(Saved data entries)
◇ ◇ ◇ ◇
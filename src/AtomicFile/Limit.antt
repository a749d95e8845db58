-- ===== src/AtomicFile/Limit.antt =====
-- What the limitWriter lets through.
use dhcp_lease_observer.Prelude.{
  ℕ, zero, suc, ◌+◌, ◌-◌, ◌≤◌, ◌≡◌, ◌∙◌, refl, sym, ap, Bool, true, false, List, [], ◌∷◌, ◌++◌,
  arith, take, length, length-append, ltb, Bool-cases, inl, inr,
}
use mathlib.Core.List.{append-nil, append_assoc}
use dhcp_lease_observer.Text.{Bytes}
use dhcp_lease_observer.AtomicFile.{
  WriteCall, Outcome, works, fails, stops, Exit, done, failed, stopped, write_end, after_chunk,
  limit_write, write_chunks,
}

abbrev pub join : List Bytes → Bytes
join [] = []
join (chunk ∷ chunks) = chunk ++ join chunks

length-take : (n : ℕ) (s : Bytes) → length (take n s) ≤ length s
length-take zero s = omega arith
length-take (suc n) [] = omega arith
length-take (suc n) (c ∷ s) = omega (arith, length-take n s)

take_all : (n : ℕ) (s : Bytes) → length (take n s) ≡ length s → take n s ≡ s
take_all zero [] h = refl
take_all zero (c ∷ s) h = absurd (omega arith)
take_all (suc n) [] h = refl
take_all (suc n) (c ∷ s) h = ap (◌∷◌ c) (take_all n s (omega arith))

-- A write keeps to what remains, and is whole if it ends without an error.
record IsLimited (remaining : ℕ) (chunk : Bytes) (out : Bytes × Exit) : Type 0 where
  pub fits : length out.0 ≤ remaining
  pub whole : out.1 ≡ done → out.0 ≡ chunk

write_end-done : (o : Outcome) (n k : ℕ) → write_end o n k ≡ done → n ≡ k
write_end-done works n k h = ground arith
write_end-done fails n k h = cc
write_end-done stops n k h = cc

limit_write-IsLimited :
    (remaining : ℕ) (call : WriteCall) (chunk : Bytes)
    → IsLimited remaining chunk (limit_write remaining call chunk)
unfolding limit_write
limit_write-IsLimited remaining call chunk = elim (Bool-cases (ltb remaining (length chunk))) [
  | inl b ↦ rw (b, limit_write) (record { fits = omega arith; whole = λ h. cc })
  | inr b ↦
      rw (b, limit_write)
        (record {
          fits = ground (arith, b, length-take call.accepts chunk);
          whole = λ h. take_all call.accepts chunk (write_end-done call.outcome _ _ h);
        })
]

-- The content never grows past what was there and what remains; if the callback ends well, it is
-- what was there and all chunks.
pub record IsWritten (remaining : ℕ) (content : Bytes) (chunks : List Bytes) (ends_well : Bool)
    (out : Bytes × Exit) : Type 0 where
  pub bounded : length out.0 ≤ length content + remaining
  pub whole : out.1 ≡ done → out.0 ≡ content ++ join chunks
  pub well : out.1 ≡ done → ends_well ≡ true

after_chunk-IsWritten :
    {remaining : ℕ} {content chunk : Bytes} {chunks : List Bytes} {ends_well : Bool}
    (out : Bytes × Exit) (rest : Bytes × Exit)
    → IsLimited remaining chunk out
    → IsWritten (remaining - length out.0) (content ++ out.0) chunks ends_well rest
    → IsWritten remaining content
        (chunk ∷ chunks)
        ends_well
        (after_chunk out.1 (content ++ out.0) rest)
after_chunk-IsWritten {content = content} {chunks = chunks} (written, done) rest l r = record {
  bounded = omega (arith, l.fits, r.bounded, length-append content written);
  whole = λ h.
      r.whole h
      ∙ append_assoc content written (join chunks)
      ∙ ap (λ w. content ++ (w ++ join chunks)) (l.whole refl);
  well = λ h. r.well h;
}
after_chunk-IsWritten {content = content} (written, failed e) rest l r = record {
  bounded = omega (arith, l.fits, length-append content written);
  whole = λ h. cc;
  well = λ h. cc;
}
after_chunk-IsWritten {content = content} (written, stopped) rest l r = record {
  bounded = omega (arith, l.fits, length-append content written);
  whole = λ h. cc;
  well = λ h. cc;
}

pub write_chunks-IsWritten :
    (writes : ℕ → WriteCall) (n remaining : ℕ) (content : Bytes) (chunks : List Bytes)
    (ends_well : Bool)
    → IsWritten remaining content chunks ends_well
        (write_chunks writes n remaining content chunks ends_well)
unfolding write_chunks
write_chunks-IsWritten writes n remaining content [] true = record {
  bounded = omega arith;
  whole = λ h. sym (append-nil content);
  well = λ h. refl;
}
write_chunks-IsWritten writes n remaining content [] false = record {
  bounded = omega arith;
  whole = λ h. cc;
  well = λ h. cc;
}
write_chunks-IsWritten writes n remaining content (chunk ∷ chunks) ends_well =
    let out = limit_write remaining (writes n) chunk in
    after_chunk-IsWritten out _ (limit_write-IsLimited remaining (writes n) chunk) (
      write_chunks-IsWritten writes (suc n) (remaining - length out.0) (content ++ out.0) chunks
        ends_well)
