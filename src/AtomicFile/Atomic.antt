-- ===== src/AtomicFile/Atomic.antt =====
-- Whatever happens during a write, and wherever the process stops, the target is as it was or whole.
use dhcp_lease_observer.Prelude.{
  ℕ, ◌≤◌, ◌≡◌, ◌≢◌, ◌∙◌, refl, sym, ap, inl, inr, true, ◌||◌, Option, none, some, [], arith, length,
  ltb, nat_beq, Bool-cases,
}
use dhcp_lease_observer.Text.{Bytes, is_empty}
use dhcp_lease_observer.Files.{File, Disk, put, put_self, put_other}
use dhcp_lease_observer.AtomicFile.Limit.{join, IsWritten, write_chunks-IsWritten}
use dhcp_lease_observer.AtomicFile.{
  Outcome, works, fails, stops, Calls, Callback, AtomicError, invalid_options, create_failed,
  chmod_failed, sync_failed, close_failed, rename_failed, open_failed, sync_directory_failed, Exit,
  done, failed, stopped, attempt, keep, remove_temporary, sync_directory, file_of, write_chunks,
  replace, after_callback, write_temporary, write,
}

-- A property of the end of an attempt holds if it holds on each of the three ways.
attempt-cases :
    (P : Exit × Disk → Type 0) (o : Outcome) (e : AtomicError) (clean : Exit × Disk → Exit × Disk)
    (before after : Disk) (next : Disk → Exit × Disk)
    → P (clean (failed e, before))
    → P (stopped, before)
    → P (next after)
    → P (attempt o e clean before after next)
attempt-cases P works e clean before after next f s n = n
attempt-cases P fails e clean before after next f s n = f
attempt-cases P stops e clean before after next f s n = s

module _ (calls : Calls) (path : Bytes) (mode max_bytes : ℕ) (callback : Callback)
    (disk : Disk) where
  -- The target is as before and the write did not succeed, or it is a whole file of all chunks with
  -- the mode asked for, within the limit, and the callback ended well. No file but the two changes.
  -- If the process did not stop and the removal works, no temporary file is left.
  pub data Target (out : Exit × Disk) : Type 0 where
    same : out.1 path ≡ disk path → out.0 ≢ done → Target out
    whole :
        out.1 path ≡ some (file_of mode (join callback.chunks))
        → length (join callback.chunks) ≤ max_bytes
        → callback.ends_well ≡ true
        → Target out

  pub record IsAtomic (out : Exit × Disk) : Type 0 where
    pub target : Target out
    pub others : (p : Bytes) → calls.temporary ≢ p → path ≢ p → out.1 p ≡ disk p
    pub cleaned : out.0 ≢ stopped → calls.remove ≡ works → out.1 calls.temporary ≡ none

module _ (calls : Calls) (path : Bytes) (mode max_bytes : ℕ) (callback : Callback) (disk : Disk)
    (apart : calls.temporary ≢ path) (fresh : disk calls.temporary ≡ none) where
  abbrev Good : Exit × Disk → Type 0
  Good = IsAtomic calls path mode max_bytes callback disk

  -- All but the temporary file is as before.
  abbrev Began : Disk → Type 0
  Began d = (p : Bytes) → calls.temporary ≢ p → d p ≡ disk p

  Began-put : (d : Disk) (f : Option File) → Began d → Began (put calls.temporary f d)
  Began-put d f b p h = put_other calls.temporary p f d h ∙ b p h

  -- The ways of the removal: the temporary file is gone, all is as it was, or the process stops.
  remove_temporary-cases :
      (P : Exit × Disk → Type 0) (out : Exit × Disk)
      → P (out.0, put calls.temporary none out.1)
      → (calls.remove ≢ works → P out)
      → P (stopped, out.1)
      → P (remove_temporary calls out)
  unfolding remove_temporary
  remove_temporary-cases P out gone left halted = by_outcome calls.remove refl
    where
      by_outcome : (o : Outcome) → calls.remove ≡ o → P (remove_temporary calls out)
      by_outcome works e = rw (e, remove_temporary) gone
      by_outcome fails e = rw (e, remove_temporary) (left (λ w. cc))
      by_outcome stops e = rw (e, remove_temporary) halted

  Began-path : (d : Disk) → Began d → d path ≡ disk path
  Began-path d b = b path apart

  stopped-IsAtomic : (d : Disk) → Began d → Good (stopped, d)
  stopped-IsAtomic d b = record {
    target = same (Began-path d b) (λ h. cc);
    others = λ p h k. b p h;
    cleaned = λ h r. absurd (h refl);
  }

  failed-IsAtomic :
      (e : AtomicError) (d : Disk) → Began d → Good (remove_temporary calls (failed e, d))
  failed-IsAtomic e d b =
      remove_temporary-cases Good (failed e, d)
        (record {
          target = same (Began-path _ (Began-put d none b)) (λ h. cc);
          others = λ p h k. Began-put d none b p h;
          cleaned = λ h r. put_self calls.temporary none d;
        })
        (λ n. record {
          target = same (Began-path d b) (λ h. cc);
          others = λ p h k. b p h;
          cleaned = λ h r. absurd (n r);
        })
        (stopped-IsAtomic d b)

  untouched-IsAtomic : (e : AtomicError) → Good (failed e, disk)
  untouched-IsAtomic e = record {
    target = same refl (λ h. cc);
    others = λ p h k. refl;
    cleaned = λ h r. fresh;
  }

  -- The disk behind the rename.
  record IsRenamed (d : Disk) : Type 0 where
    pub holds : d path ≡ some (file_of mode (join callback.chunks))
    pub rest : (p : Bytes) → calls.temporary ≢ p → path ≢ p → d p ≡ disk p
    pub gone : d calls.temporary ≡ none

  module _ (small : length (join callback.chunks) ≤ max_bytes)
      (well : callback.ends_well ≡ true) where
    renamed-IsAtomic : (x : Exit) (d : Disk) → IsRenamed d → Good (x, d)
    renamed-IsAtomic x d r = record {
      target = whole r.holds small well;
      others = r.rest;
      cleaned = λ h k. r.gone;
    }

    sync_directory-IsAtomic : (d : Disk) → IsRenamed d → Good (sync_directory calls d)
    unfolding sync_directory
    sync_directory-IsAtomic d r =
        attempt-cases Good calls.open_directory open_failed keep d d _ (renamed-IsAtomic _ d r)
          (renamed-IsAtomic _ d r)
          (attempt-cases Good calls.sync_directory sync_directory_failed keep d d _
            (renamed-IsAtomic _ d r) (renamed-IsAtomic _ d r) (renamed-IsAtomic _ d r))

    rename-IsRenamed :
        (d : Disk)
        → Began d
        → IsRenamed
            (put path (some (file_of mode (join callback.chunks))) (put calls.temporary none d))
    rename-IsRenamed d b = record {
      holds = put_self path _ _;
      rest = λ p h k. put_other path p _ _ k ∙ put_other calls.temporary p none d h ∙ b p h;
      gone =
          put_other path calls.temporary _ _ (λ e. apart (sym e)) ∙ put_self calls.temporary none d;
    }

    replace-IsAtomic :
        (d : Disk) → Began d → Good (replace calls path (file_of mode (join callback.chunks)) d)
    unfolding replace
    replace-IsAtomic d b =
        attempt-cases Good calls.sync sync_failed _ d d _ (failed-IsAtomic _ d b)
          (stopped-IsAtomic d b)
          (attempt-cases Good calls.close close_failed _ d d _ (failed-IsAtomic _ d b)
            (stopped-IsAtomic d b)
            (attempt-cases Good calls.rename rename_failed _ d _ _ (failed-IsAtomic _ d b)
              (stopped-IsAtomic d b) (sync_directory-IsAtomic _ (rename-IsRenamed d b))))

  after_callback-IsAtomic :
      (out : Bytes × Exit) (d : Disk)
      → IsWritten max_bytes [] callback.chunks callback.ends_well out
      → Began d
      → Good (after_callback calls path (file_of mode out.0) out.1 d)
  unfolding after_callback
  after_callback-IsAtomic (content, done) d w b =
      let e = w.whole refl in
      rw e (replace-IsAtomic (omega (arith, w.bounded, ap length e)) (w.well refl) d b)
  after_callback-IsAtomic (content, failed e) d w b = failed-IsAtomic e d b
  after_callback-IsAtomic (content, stopped) d w b = stopped-IsAtomic d b

  write_temporary-IsAtomic : Good (write_temporary calls path mode max_bytes callback disk)
  unfolding write_temporary
  write_temporary-IsAtomic =
      let b : Began disk = λ p h. refl in
      let out = write_chunks calls.writes 0 max_bytes [] callback.chunks callback.ends_well in
      let made = Began-put disk (some (file_of 384 [])) b in
      attempt-cases Good calls.create create_failed keep disk _ _ (untouched-IsAtomic create_failed)
        (stopped-IsAtomic disk b)
        (attempt-cases Good calls.chmod chmod_failed _ _ _ _ (failed-IsAtomic _ _ made)
          (stopped-IsAtomic _ made)
          (after_callback-IsAtomic out _
            (write_chunks-IsWritten calls.writes 0 max_bytes [] callback.chunks callback.ends_well)
            (Began-put _ (some (file_of mode out.0)) (Began-put _ (some (file_of mode [])) made))))

  -- With a temporary name that is free and not the target's:
  -- whatever each call of the system does, and wherever the process stops, the target is as it was
  -- and the write did not succeed, or it is the whole new file with the mode asked for, no longer
  -- than the limit, of a callback that ended well. No other file changes but the temporary one, and
  -- if the process goes on and the removal works, that one is gone.
  pub write-IsAtomic :
      IsAtomic calls path mode max_bytes callback disk
        (write calls path mode max_bytes callback disk)
  unfolding write
  write-IsAtomic = elim (Bool-cases (is_empty path || ltb 511 mode || nat_beq max_bytes 0)) [
    | inl b ↦ rw (b, write) (untouched-IsAtomic invalid_options)
    | inr b ↦ rw (b, write) write_temporary-IsAtomic
  ]
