-- ===== src/State/Store/Kept.antt =====
-- A state that is saved is loaded again, and a save that fails loses nothing.
use dhcp_lease_observer.Prelude.{
  ℕ, zero, suc, ◌+◌, ◌≤◌, ◌≡◌, ◌≢◌, ◌⊎◌, refl, ap, inl, inr, true, false, none, some, [], ◌∷◌,
  arith, take, length, ok, Result-cases,
}
use mathlib.Core.List.{append-nil}
use dhcp_lease_observer.Text.{Bytes, is_empty}
use dhcp_lease_observer.Files.{Disk}
use dhcp_lease_observer.AtomicFile.{Calls, Exit, done, file_of, write}
use dhcp_lease_observer.AtomicFile.Atomic.{Target, same, whole, write-IsAtomic}
use dhcp_lease_observer.SafeFile.{OpenCalls, open_regular, check_file}
use dhcp_lease_observer.State.{Snapshot, validate}
use dhcp_lease_observer.State.Store.{
  Codec, max_state_bytes, state_callback, written, save, parse_state, load,
}

-- What a save is asked for and meets: a named file, a temporary name of its own, a codec that reads
-- back what it writes of this state, and a system that lets files be opened and read.
pub record IsReadable (codec : Codec) (calls : Calls) (opened : OpenCalls) (path : Bytes)
    (s : Snapshot) (disk : Disk) : Type 0 where
  pub named : is_empty path ≡ false
  pub apart : calls.temporary ≢ path
  pub fresh : disk calls.temporary ≡ none
  pub text : Bytes
  pub rest : Bytes
  pub encoded : codec.encode s ≡ some text
  pub decoded : codec.decode text ≡ some (s, rest)
  pub ended : codec.at_end rest ≡ true
  pub opens : opened.open_fails ≡ false
  pub stats : opened.stat_fails ≡ false
  pub reads : opened.read_fails ≡ false

take-length_le : (n : ℕ) (s : Bytes) → length s ≤ n → take n s ≡ s
take-length_le zero [] h = refl
take-length_le zero (c ∷ s) h = absurd (omega arith)
take-length_le (suc n) [] h = refl
take-length_le (suc n) (c ∷ s) h = ap (◌∷◌ c) (take-length_le n s (omega arith))

module _ (codec : Codec) (calls : Calls) (opened : OpenCalls) (path : Bytes) (s : Snapshot)
    (disk : Disk) (r : IsReadable codec calls opened path s disk) where
  pub load_same :
      (disk' : Disk)
      → disk' path ≡ disk path
      → load codec opened path disk' ≡ load codec opened path disk
  unfolding load open_regular
  load_same disk' h = rw (h, load)

  check_file_ok :
      length r.text ≤ max_state_bytes
      → check_file opened 63 max_state_bytes (file_of 384 r.text) ≡ ok r.text
  unfolding check_file
  check_file_ok l = ground (arith, l, r.stats)

  open_regular_ok :
      (disk' : Disk)
      → disk' path ≡ some (file_of 384 r.text)
      → length r.text ≤ max_state_bytes
      → open_regular opened disk' path 63 max_state_bytes ≡ ok r.text
  unfolding open_regular
  open_regular_ok disk' h l = rw (r.named, r.opens, h, open_regular) (check_file_ok l)

  parse_state_ok :
      length r.text ≤ max_state_bytes → validate s ≡ ok tt → parse_state codec opened r.text ≡ ok s
  unfolding parse_state
  parse_state_ok l v = rw (
    r.reads,
    take-length_le (max_state_bytes + 1) r.text (omega arith),
    r.decoded,
    r.ended,
    v,
    parse_state,
  )

  pub load_whole :
      (disk' : Disk)
      → disk' path ≡ some (file_of 384 r.text)
      → length r.text ≤ max_state_bytes
      → validate s ≡ ok tt
      → load codec opened path disk' ≡ ok s
  unfolding load
  load_whole disk' h l v = rw (open_regular_ok disk' h l, load) (parse_state_ok l v)

  -- The state is loaded, or what was loaded before, and then the write did not succeed.
  abbrev Loads : Exit × Disk → Type 0
  Loads out =
      (load codec opened path out.1 ≡ ok s)
      ⊎ ((load codec opened path out.1 ≡ load codec opened path disk) × (out.0 ≢ done))

  write-Loads :
      validate s ≡ ok tt
      → Loads (write calls path 384 max_state_bytes (state_callback (some r.text)) disk)
  write-Loads v =
      loads _ (write-IsAtomic calls path 384 max_state_bytes _ disk r.apart r.fresh).target
    where
      loads :
          (out : Exit × Disk)
          → Target calls path 384 max_state_bytes (state_callback (some r.text)) disk out
          → Loads out
      loads out (same h n) = inr (load_same out.1 h, n)
      loads out (whole h l w) =
          inl (load_whole out.1 (rw⁻¹ (append-nil r.text) h) (rw (append-nil r.text) at l) v)

  -- With a named path, a temporary name that is free and not the path's, a codec that reads back
  -- what it writes of this state, and a system that lets files be opened and read: after `Save`,
  -- `Load` gives the saved state, or it gives what it gave before and `Save` did not succeed,
  -- whatever calls of the write failed and wherever the process stopped.
  pub load-save :
      (load codec opened path (save codec calls path s disk).1 ≡ ok s)
      ⊎ ((load codec opened path (save codec calls path s disk).1 ≡ load codec opened path disk)
          × ((save codec calls path s disk).0 ≢ written done))
  unfolding save
  load-save = elim (Result-cases (validate s)) [
    | inr (e, h) ↦ rw (h, save) (inr (refl, λ k. cc))
    | inl (u, h) ↦ rw (h, r.encoded, save) (saved _ (write-Loads h))
  ]
    where
      saved :
          (out : Exit × Disk)
          → Loads out
          → (load codec opened path out.1 ≡ ok s)
            ⊎ ((load codec opened path out.1 ≡ load codec opened path disk)
                × (written out.0 ≢ written done))
      saved out (inl h) = inl h
      saved out (inr (h, n)) = inr (h, λ k. n (cc))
◇ ◇ ◇ ◇
* EXERCISE AIM
Could you restate, word for word, the lines above from the one with "abbrev Good : Exit × Disk → Type 0" to the one with "-- The ways", both included?

* ANSWER SECTION
  abbrev Good : Exit × Disk → Type 0
  Good = IsAtomic calls path mode max_bytes callback disk

  -- All but the temporary file is as before.
  abbrev Began : Disk → Type 0
  Began d = (p : Bytes) → calls.temporary ≢ p → d p ≡ disk p

  Began-put : (d : Disk) (f : Option File) → Began d → Began (put calls.temporary f d)
  Began-put d f b p h = put_other calls.temporary p f d h ∙ b p h

  -- The ways of the removal: the temporary file is gone, all is as it was, or the process stops.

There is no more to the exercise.